Stored data entries:
◆ ◆ ◆
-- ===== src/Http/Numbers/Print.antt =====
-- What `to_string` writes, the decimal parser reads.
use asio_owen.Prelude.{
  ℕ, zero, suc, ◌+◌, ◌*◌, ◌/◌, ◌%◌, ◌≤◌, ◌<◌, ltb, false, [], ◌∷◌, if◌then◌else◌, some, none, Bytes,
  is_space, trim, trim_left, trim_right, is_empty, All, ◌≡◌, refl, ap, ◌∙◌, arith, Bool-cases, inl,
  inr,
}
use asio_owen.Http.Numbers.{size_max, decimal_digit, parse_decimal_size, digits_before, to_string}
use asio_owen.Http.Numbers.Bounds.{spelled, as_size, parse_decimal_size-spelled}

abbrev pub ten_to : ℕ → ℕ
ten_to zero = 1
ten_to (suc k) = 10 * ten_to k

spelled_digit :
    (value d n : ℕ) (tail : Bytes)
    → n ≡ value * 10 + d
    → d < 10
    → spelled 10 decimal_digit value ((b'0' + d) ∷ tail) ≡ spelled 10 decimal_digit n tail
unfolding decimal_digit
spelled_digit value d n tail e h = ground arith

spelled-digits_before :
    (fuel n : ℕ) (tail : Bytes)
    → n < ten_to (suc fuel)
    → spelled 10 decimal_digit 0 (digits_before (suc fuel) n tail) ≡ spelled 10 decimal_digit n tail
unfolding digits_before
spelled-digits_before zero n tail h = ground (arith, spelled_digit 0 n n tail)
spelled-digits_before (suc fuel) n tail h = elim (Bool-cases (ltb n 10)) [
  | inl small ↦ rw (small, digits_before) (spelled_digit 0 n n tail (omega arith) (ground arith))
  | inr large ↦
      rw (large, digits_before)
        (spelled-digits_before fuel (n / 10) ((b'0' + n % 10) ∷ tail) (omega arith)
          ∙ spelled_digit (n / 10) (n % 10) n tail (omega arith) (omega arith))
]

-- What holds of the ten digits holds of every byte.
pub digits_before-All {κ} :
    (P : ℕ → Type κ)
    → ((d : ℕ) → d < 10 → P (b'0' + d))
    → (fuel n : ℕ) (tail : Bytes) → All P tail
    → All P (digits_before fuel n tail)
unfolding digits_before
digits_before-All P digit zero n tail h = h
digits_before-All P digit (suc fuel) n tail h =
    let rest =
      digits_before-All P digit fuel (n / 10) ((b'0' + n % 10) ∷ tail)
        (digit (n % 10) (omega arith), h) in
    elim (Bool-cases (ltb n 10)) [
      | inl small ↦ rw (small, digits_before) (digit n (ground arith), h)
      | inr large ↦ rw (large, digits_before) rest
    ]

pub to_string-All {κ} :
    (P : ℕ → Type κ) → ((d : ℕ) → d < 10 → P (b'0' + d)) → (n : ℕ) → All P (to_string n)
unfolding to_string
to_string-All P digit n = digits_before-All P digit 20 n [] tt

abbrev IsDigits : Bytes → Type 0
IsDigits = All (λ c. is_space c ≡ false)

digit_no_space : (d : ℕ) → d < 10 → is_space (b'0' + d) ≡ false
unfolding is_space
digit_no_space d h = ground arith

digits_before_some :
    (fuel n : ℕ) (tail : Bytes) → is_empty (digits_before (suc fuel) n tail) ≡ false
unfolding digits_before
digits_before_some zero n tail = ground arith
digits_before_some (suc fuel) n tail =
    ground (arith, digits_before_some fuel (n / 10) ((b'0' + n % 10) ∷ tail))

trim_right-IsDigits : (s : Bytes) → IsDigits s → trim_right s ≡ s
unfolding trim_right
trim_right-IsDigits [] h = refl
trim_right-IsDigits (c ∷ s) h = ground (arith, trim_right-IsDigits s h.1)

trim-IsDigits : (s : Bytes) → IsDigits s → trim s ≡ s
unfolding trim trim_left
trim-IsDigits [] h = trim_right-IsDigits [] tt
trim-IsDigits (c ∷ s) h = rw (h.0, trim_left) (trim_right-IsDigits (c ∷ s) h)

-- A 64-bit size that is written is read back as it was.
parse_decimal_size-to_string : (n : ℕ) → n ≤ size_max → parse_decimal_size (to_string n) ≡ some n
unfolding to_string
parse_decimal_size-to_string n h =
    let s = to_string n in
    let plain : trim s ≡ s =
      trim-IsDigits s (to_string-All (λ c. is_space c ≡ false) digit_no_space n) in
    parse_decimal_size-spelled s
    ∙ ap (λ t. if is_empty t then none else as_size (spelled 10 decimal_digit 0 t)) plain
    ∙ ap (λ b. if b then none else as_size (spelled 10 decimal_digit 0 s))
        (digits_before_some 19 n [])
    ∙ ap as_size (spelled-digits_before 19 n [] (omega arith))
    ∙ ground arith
◆ ◆ ◆
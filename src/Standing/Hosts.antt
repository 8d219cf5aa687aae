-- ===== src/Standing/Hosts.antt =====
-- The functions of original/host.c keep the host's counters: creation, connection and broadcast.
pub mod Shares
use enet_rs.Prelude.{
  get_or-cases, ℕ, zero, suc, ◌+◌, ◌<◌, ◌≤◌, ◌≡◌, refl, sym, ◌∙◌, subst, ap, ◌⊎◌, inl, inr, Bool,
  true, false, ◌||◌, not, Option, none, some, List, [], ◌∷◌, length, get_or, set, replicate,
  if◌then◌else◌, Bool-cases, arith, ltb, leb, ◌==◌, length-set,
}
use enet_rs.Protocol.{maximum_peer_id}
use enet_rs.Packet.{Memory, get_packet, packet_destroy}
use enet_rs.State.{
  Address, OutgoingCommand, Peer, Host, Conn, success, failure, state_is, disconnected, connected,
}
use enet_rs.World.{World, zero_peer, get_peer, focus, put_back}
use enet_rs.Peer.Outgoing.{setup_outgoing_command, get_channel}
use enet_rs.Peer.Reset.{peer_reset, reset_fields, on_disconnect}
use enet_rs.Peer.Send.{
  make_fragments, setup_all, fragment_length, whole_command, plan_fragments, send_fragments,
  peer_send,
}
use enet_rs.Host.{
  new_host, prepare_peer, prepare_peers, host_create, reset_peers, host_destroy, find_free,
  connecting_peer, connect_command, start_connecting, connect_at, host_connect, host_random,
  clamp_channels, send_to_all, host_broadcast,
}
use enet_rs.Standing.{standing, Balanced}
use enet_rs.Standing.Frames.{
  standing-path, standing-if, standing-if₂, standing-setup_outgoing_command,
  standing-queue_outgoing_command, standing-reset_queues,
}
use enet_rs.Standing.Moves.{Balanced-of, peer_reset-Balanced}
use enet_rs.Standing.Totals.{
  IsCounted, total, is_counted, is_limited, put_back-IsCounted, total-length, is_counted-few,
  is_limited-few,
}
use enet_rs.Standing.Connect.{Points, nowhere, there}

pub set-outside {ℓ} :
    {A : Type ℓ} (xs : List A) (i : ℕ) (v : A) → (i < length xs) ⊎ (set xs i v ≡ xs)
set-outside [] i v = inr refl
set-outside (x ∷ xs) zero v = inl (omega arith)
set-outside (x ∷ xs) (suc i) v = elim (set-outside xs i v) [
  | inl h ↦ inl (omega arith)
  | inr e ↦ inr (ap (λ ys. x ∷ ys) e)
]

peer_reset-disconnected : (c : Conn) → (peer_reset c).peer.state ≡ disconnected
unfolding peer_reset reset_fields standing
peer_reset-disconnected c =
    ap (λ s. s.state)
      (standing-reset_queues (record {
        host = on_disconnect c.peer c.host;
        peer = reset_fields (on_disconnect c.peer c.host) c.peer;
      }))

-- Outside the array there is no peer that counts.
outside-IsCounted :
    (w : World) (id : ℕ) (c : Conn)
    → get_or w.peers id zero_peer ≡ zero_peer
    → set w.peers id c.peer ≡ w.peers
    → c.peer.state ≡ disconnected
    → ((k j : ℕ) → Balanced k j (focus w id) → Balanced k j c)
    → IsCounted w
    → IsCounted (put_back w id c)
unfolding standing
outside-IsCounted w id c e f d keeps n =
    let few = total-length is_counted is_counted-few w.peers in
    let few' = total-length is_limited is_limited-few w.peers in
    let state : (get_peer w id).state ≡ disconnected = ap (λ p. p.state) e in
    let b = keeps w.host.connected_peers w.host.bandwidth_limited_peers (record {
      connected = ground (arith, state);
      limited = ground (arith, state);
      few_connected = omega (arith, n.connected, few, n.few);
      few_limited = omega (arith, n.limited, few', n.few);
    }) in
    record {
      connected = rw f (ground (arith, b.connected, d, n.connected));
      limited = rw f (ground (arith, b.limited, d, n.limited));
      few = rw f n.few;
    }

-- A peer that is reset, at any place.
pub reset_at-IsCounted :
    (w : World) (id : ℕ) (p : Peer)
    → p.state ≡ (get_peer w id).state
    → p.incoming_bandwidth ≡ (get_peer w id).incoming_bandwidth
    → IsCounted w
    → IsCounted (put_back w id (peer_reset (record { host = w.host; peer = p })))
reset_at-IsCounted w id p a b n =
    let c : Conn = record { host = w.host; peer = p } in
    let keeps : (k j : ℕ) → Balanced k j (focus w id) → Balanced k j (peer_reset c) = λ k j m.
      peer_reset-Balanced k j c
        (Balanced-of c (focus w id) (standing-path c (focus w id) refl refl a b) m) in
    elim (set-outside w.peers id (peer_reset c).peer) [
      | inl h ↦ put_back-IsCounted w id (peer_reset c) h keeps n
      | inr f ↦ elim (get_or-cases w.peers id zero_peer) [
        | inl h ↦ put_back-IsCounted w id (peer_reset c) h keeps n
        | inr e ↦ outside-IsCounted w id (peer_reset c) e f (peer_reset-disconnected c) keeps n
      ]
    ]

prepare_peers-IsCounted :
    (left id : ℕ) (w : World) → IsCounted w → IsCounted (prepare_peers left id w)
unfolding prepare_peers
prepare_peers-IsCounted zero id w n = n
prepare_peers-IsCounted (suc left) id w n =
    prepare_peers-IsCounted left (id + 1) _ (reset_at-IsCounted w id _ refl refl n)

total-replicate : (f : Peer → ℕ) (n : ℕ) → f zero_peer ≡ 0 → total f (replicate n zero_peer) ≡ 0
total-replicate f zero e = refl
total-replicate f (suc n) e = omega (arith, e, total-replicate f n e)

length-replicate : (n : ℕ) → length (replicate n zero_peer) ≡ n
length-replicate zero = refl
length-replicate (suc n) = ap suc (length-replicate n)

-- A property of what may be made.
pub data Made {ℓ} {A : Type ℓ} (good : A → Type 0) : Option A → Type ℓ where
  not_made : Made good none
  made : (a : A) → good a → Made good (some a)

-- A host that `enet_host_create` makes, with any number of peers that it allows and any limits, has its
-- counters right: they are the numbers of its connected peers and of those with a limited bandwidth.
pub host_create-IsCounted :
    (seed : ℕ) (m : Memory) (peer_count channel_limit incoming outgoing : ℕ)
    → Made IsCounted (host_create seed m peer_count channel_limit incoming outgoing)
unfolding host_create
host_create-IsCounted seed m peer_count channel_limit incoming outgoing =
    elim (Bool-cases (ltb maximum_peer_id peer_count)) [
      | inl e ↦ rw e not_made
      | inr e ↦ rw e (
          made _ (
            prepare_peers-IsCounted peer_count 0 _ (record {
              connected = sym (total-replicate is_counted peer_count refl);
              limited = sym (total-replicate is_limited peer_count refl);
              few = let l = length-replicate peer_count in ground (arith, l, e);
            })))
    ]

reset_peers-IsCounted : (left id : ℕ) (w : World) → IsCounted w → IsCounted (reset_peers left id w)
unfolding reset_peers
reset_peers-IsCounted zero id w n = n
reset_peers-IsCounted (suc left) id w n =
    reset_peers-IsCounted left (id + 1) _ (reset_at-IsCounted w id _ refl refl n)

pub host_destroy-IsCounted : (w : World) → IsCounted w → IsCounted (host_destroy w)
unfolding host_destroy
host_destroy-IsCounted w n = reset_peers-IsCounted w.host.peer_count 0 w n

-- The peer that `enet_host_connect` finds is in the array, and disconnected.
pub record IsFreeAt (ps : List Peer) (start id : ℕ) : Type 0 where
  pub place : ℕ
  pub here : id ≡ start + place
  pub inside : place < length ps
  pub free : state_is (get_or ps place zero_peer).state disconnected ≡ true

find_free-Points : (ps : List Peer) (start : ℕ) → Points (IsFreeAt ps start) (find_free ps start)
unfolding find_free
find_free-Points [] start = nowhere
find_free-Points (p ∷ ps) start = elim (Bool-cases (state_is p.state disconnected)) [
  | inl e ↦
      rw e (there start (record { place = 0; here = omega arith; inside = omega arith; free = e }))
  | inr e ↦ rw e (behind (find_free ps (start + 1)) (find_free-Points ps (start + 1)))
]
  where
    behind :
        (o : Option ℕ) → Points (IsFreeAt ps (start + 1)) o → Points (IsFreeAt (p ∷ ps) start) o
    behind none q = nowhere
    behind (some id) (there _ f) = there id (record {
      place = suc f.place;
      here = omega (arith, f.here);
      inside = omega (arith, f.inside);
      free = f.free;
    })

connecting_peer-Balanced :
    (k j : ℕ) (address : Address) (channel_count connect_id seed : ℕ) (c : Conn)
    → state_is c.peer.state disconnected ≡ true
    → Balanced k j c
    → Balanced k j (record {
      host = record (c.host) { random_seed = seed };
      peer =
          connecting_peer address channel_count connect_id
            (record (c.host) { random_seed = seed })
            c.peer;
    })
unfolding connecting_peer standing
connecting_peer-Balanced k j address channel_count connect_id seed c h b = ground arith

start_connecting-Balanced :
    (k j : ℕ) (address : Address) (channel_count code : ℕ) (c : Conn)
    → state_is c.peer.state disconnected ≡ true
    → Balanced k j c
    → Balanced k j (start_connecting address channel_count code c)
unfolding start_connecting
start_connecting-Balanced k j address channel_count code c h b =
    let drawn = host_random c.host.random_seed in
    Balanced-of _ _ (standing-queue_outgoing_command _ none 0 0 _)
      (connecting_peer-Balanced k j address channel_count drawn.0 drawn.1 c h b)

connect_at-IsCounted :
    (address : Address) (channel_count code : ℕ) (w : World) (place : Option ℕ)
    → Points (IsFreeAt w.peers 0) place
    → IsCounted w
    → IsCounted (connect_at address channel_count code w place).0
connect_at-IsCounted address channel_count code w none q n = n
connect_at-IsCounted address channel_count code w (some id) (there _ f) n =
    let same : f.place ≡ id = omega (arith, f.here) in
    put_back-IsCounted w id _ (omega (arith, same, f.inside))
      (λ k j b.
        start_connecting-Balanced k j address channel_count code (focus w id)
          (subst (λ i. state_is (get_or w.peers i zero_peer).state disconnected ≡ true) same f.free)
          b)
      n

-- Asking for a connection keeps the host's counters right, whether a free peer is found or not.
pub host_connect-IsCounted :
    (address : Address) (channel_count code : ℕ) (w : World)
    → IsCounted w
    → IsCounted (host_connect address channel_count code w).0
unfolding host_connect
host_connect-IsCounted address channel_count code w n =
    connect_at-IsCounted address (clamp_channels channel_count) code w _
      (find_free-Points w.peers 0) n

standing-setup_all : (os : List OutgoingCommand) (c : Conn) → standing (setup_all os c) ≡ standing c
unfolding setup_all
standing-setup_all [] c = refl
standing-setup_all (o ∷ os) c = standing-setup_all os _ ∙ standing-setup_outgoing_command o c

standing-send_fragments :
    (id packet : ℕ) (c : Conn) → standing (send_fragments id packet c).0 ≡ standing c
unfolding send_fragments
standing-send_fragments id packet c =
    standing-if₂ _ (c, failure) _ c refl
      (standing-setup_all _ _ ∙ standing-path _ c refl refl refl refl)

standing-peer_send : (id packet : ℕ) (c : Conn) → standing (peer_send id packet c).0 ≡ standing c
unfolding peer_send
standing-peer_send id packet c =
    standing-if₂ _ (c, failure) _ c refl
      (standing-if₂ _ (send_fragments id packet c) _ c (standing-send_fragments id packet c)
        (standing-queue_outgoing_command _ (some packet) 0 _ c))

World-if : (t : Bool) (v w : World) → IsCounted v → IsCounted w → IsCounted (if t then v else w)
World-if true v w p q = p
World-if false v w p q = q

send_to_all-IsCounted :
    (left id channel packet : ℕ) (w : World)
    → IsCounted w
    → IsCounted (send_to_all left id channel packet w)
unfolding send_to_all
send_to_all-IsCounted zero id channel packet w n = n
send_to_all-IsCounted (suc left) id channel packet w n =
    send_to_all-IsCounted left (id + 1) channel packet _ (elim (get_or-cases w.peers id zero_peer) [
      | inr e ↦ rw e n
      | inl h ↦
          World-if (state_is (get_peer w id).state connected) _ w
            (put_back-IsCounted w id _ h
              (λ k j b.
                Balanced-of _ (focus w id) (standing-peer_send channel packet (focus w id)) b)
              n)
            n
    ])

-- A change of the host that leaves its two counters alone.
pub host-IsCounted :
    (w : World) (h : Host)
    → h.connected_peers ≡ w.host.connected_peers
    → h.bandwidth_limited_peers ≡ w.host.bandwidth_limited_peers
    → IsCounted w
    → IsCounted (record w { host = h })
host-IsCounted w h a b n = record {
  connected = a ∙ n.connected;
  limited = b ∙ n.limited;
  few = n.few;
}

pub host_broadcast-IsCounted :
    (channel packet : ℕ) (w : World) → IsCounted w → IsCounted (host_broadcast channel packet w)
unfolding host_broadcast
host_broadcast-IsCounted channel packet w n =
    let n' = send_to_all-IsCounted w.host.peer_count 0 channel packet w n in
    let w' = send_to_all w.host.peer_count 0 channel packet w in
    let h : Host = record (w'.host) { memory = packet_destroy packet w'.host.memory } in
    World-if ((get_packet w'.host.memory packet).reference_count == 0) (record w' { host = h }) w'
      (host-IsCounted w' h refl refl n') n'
◆ ◆ ◆
What the task asks: After locating the line with "unfolding send_to_all" above, return that line and every later line through the one with "(host-IsCounted w' h refl refl n') n'", word for word and with nothing else.

Result of this exercise:
unfolding send_to_all
send_to_all-IsCounted zero id channel packet w n = n
send_to_all-IsCounted (suc left) id channel packet w n =
    send_to_all-IsCounted left (id + 1) channel packet _ (elim (get_or-cases w.peers id zero_peer) [
      | inr e ↦ rw e n
      | inl h ↦
          World-if (state_is (get_peer w id).state connected) _ w
            (put_back-IsCounted w id _ h
              (λ k j b.
                Balanced-of _ (focus w id) (standing-peer_send channel packet (focus w id)) b)
              n)
            n
    ])

-- A change of the host that leaves its two counters alone.
pub host-IsCounted :
    (w : World) (h : Host)
    → h.connected_peers ≡ w.host.connected_peers
    → h.bandwidth_limited_peers ≡ w.host.bandwidth_limited_peers
    → IsCounted w
    → IsCounted (record w { host = h })
host-IsCounted w h a b n = record {
  connected = a ∙ n.connected;
  limited = b ∙ n.limited;
  few = n.few;
}

pub host_broadcast-IsCounted :
    (channel packet : ℕ) (w : World) → IsCounted w → IsCounted (host_broadcast channel packet w)
unfolding host_broadcast
host_broadcast-IsCounted channel packet w n =
    let n' = send_to_all-IsCounted w.host.peer_count 0 channel packet w n in
    let w' = send_to_all w.host.peer_count 0 channel packet w in
    let h : Host = record (w'.host) { memory = packet_destroy packet w'.host.memory } in
    World-if ((get_packet w'.host.memory packet).reference_count == 0) (record w' { host = h }) w'
      (host-IsCounted w' h refl refl n') n'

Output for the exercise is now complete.